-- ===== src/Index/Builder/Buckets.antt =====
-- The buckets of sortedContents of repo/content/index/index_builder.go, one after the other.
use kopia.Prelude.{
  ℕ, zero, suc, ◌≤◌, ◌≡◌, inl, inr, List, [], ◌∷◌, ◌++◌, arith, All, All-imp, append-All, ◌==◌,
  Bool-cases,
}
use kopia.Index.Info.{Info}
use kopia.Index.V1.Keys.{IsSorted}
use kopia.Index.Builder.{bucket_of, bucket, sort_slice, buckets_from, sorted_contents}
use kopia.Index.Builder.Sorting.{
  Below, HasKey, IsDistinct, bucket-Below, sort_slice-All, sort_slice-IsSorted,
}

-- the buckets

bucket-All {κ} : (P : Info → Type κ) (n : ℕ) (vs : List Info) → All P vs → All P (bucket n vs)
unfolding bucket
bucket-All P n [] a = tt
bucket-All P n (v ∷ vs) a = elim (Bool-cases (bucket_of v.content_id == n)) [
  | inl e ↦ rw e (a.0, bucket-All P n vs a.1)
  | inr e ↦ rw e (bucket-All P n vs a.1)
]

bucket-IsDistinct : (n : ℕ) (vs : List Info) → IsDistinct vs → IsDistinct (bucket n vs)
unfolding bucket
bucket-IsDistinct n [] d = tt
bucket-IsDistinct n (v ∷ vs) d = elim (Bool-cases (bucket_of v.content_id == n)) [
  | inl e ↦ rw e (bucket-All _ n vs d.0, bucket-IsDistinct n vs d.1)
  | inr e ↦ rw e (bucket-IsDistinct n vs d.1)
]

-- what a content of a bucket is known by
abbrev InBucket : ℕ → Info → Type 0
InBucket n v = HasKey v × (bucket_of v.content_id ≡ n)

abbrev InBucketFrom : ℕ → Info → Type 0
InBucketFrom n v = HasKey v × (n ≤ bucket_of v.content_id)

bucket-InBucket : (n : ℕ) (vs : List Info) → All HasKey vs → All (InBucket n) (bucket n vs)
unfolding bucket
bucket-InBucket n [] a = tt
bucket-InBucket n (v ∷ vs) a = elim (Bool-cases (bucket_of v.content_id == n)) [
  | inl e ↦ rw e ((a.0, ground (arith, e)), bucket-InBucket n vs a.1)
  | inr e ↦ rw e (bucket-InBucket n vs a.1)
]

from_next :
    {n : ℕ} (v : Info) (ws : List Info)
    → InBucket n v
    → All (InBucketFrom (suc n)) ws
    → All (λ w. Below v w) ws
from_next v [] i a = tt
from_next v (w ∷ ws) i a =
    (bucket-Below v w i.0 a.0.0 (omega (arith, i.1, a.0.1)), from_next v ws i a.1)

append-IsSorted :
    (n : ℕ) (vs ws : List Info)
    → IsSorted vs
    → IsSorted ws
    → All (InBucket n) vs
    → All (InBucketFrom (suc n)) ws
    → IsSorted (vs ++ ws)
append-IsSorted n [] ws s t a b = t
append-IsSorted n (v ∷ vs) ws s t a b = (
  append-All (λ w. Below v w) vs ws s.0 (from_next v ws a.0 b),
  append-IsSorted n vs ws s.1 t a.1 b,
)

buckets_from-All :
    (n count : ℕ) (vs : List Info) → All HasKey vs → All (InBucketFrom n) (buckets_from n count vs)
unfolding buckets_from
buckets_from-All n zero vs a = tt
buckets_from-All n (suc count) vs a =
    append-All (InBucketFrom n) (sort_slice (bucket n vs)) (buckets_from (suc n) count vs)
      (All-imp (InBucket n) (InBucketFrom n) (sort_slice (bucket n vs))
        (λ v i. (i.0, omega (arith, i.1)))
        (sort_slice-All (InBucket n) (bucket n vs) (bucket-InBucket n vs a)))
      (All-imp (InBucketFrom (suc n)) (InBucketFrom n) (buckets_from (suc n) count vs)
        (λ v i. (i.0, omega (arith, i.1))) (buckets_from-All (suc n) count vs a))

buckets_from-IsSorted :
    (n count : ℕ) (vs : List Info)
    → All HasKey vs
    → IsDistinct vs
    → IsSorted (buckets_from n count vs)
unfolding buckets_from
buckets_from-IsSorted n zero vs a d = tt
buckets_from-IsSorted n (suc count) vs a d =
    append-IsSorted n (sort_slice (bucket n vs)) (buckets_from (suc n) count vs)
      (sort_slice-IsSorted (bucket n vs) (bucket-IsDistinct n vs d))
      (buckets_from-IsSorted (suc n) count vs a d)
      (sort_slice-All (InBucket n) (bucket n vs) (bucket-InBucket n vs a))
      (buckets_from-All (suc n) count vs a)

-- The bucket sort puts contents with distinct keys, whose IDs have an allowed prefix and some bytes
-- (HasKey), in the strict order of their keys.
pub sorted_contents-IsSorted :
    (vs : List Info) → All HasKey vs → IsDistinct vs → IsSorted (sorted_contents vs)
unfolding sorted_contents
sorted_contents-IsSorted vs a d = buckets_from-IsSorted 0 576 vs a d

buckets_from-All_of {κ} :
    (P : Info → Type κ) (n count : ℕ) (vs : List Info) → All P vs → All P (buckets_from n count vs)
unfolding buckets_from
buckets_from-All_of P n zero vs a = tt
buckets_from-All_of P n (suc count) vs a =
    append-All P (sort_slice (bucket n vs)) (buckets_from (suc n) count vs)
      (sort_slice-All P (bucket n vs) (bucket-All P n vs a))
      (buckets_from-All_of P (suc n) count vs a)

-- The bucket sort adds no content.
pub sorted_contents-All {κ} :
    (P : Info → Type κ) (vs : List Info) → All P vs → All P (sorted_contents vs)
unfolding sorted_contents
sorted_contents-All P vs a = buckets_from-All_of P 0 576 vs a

----

▶ **Assignment**
What is needed here is an exact copy of every record.

▶ **Solution to this exercise**
-- ===== src/Index/Builder/Buckets.antt =====
-- The buckets of sortedContents of repo/content/index/index_builder.go, one after the other.
use kopia.Prelude.{
  ℕ, zero, suc, ◌≤◌, ◌≡◌, inl, inr, List, [], ◌∷◌, ◌++◌, arith, All, All-imp, append-All, ◌==◌,
  Bool-cases,
}
use kopia.Index.Info.{Info}
use kopia.Index.V1.Keys.{IsSorted}
use kopia.Index.Builder.{bucket_of, bucket, sort_slice, buckets_from, sorted_contents}
use kopia.Index.Builder.Sorting.{
  Below, HasKey, IsDistinct, bucket-Below, sort_slice-All, sort_slice-IsSorted,
}

-- the buckets

bucket-All {κ} : (P : Info → Type κ) (n : ℕ) (vs : List Info) → All P vs → All P (bucket n vs)
unfolding bucket
bucket-All P n [] a = tt
bucket-All P n (v ∷ vs) a = elim (Bool-cases (bucket_of v.content_id == n)) [
  | inl e ↦ rw e (a.0, bucket-All P n vs a.1)
  | inr e ↦ rw e (bucket-All P n vs a.1)
]

bucket-IsDistinct : (n : ℕ) (vs : List Info) → IsDistinct vs → IsDistinct (bucket n vs)
unfolding bucket
bucket-IsDistinct n [] d = tt
bucket-IsDistinct n (v ∷ vs) d = elim (Bool-cases (bucket_of v.content_id == n)) [
  | inl e ↦ rw e (bucket-All _ n vs d.0, bucket-IsDistinct n vs d.1)
  | inr e ↦ rw e (bucket-IsDistinct n vs d.1)
]

-- what a content of a bucket is known by
abbrev InBucket : ℕ → Info → Type 0
InBucket n v = HasKey v × (bucket_of v.content_id ≡ n)

abbrev InBucketFrom : ℕ → Info → Type 0
InBucketFrom n v = HasKey v × (n ≤ bucket_of v.content_id)

bucket-InBucket : (n : ℕ) (vs : List Info) → All HasKey vs → All (InBucket n) (bucket n vs)
unfolding bucket
bucket-InBucket n [] a = tt
bucket-InBucket n (v ∷ vs) a = elim (Bool-cases (bucket_of v.content_id == n)) [
  | inl e ↦ rw e ((a.0, ground (arith, e)), bucket-InBucket n vs a.1)
  | inr e ↦ rw e (bucket-InBucket n vs a.1)
]

from_next :
    {n : ℕ} (v : Info) (ws : List Info)
    → InBucket n v
    → All (InBucketFrom (suc n)) ws
    → All (λ w. Below v w) ws
from_next v [] i a = tt
from_next v (w ∷ ws) i a =
    (bucket-Below v w i.0 a.0.0 (omega (arith, i.1, a.0.1)), from_next v ws i a.1)

append-IsSorted :
    (n : ℕ) (vs ws : List Info)
    → IsSorted vs
    → IsSorted ws
    → All (InBucket n) vs
    → All (InBucketFrom (suc n)) ws
    → IsSorted (vs ++ ws)
append-IsSorted n [] ws s t a b = t
append-IsSorted n (v ∷ vs) ws s t a b = (
  append-All (λ w. Below v w) vs ws s.0 (from_next v ws a.0 b),
  append-IsSorted n vs ws s.1 t a.1 b,
)

buckets_from-All :
    (n count : ℕ) (vs : List Info) → All HasKey vs → All (InBucketFrom n) (buckets_from n count vs)
unfolding buckets_from
buckets_from-All n zero vs a = tt
buckets_from-All n (suc count) vs a =
    append-All (InBucketFrom n) (sort_slice (bucket n vs)) (buckets_from (suc n) count vs)
      (All-imp (InBucket n) (InBucketFrom n) (sort_slice (bucket n vs))
        (λ v i. (i.0, omega (arith, i.1)))
        (sort_slice-All (InBucket n) (bucket n vs) (bucket-InBucket n vs a)))
      (All-imp (InBucketFrom (suc n)) (InBucketFrom n) (buckets_from (suc n) count vs)
        (λ v i. (i.0, omega (arith, i.1))) (buckets_from-All (suc n) count vs a))

buckets_from-IsSorted :
    (n count : ℕ) (vs : List Info)
    → All HasKey vs
    → IsDistinct vs
    → IsSorted (buckets_from n count vs)
unfolding buckets_from
buckets_from-IsSorted n zero vs a d = tt
buckets_from-IsSorted n (suc count) vs a d =
    append-IsSorted n (sort_slice (bucket n vs)) (buckets_from (suc n) count vs)
      (sort_slice-IsSorted (bucket n vs) (bucket-IsDistinct n vs d))
      (buckets_from-IsSorted (suc n) count vs a d)
      (sort_slice-All (InBucket n) (bucket n vs) (bucket-InBucket n vs a))
      (buckets_from-All (suc n) count vs a)

-- The bucket sort puts contents with distinct keys, whose IDs have an allowed prefix and some bytes
-- (HasKey), in the strict order of their keys.
pub sorted_contents-IsSorted :
    (vs : List Info) → All HasKey vs → IsDistinct vs → IsSorted (sorted_contents vs)
unfolding sorted_contents
sorted_contents-IsSorted vs a d = buckets_from-IsSorted 0 576 vs a d

buckets_from-All_of {κ} :
    (P : Info → Type κ) (n count : ℕ) (vs : List Info) → All P vs → All P (buckets_from n count vs)
unfolding buckets_from
buckets_from-All_of P n zero vs a = tt
buckets_from-All_of P n (suc count) vs a =
    append-All P (sort_slice (bucket n vs)) (buckets_from (suc n) count vs)
      (sort_slice-All P (bucket n vs) (bucket-All P n vs a))
      (buckets_from-All_of P (suc n) count vs a)

-- The bucket sort adds no content.
pub sorted_contents-All {κ} :
    (P : Info → Type κ) (vs : List Info) → All P vs → All P (sorted_contents vs)
unfolding sorted_contents
sorted_contents-All P vs a = buckets_from-All_of P 0 576 vs a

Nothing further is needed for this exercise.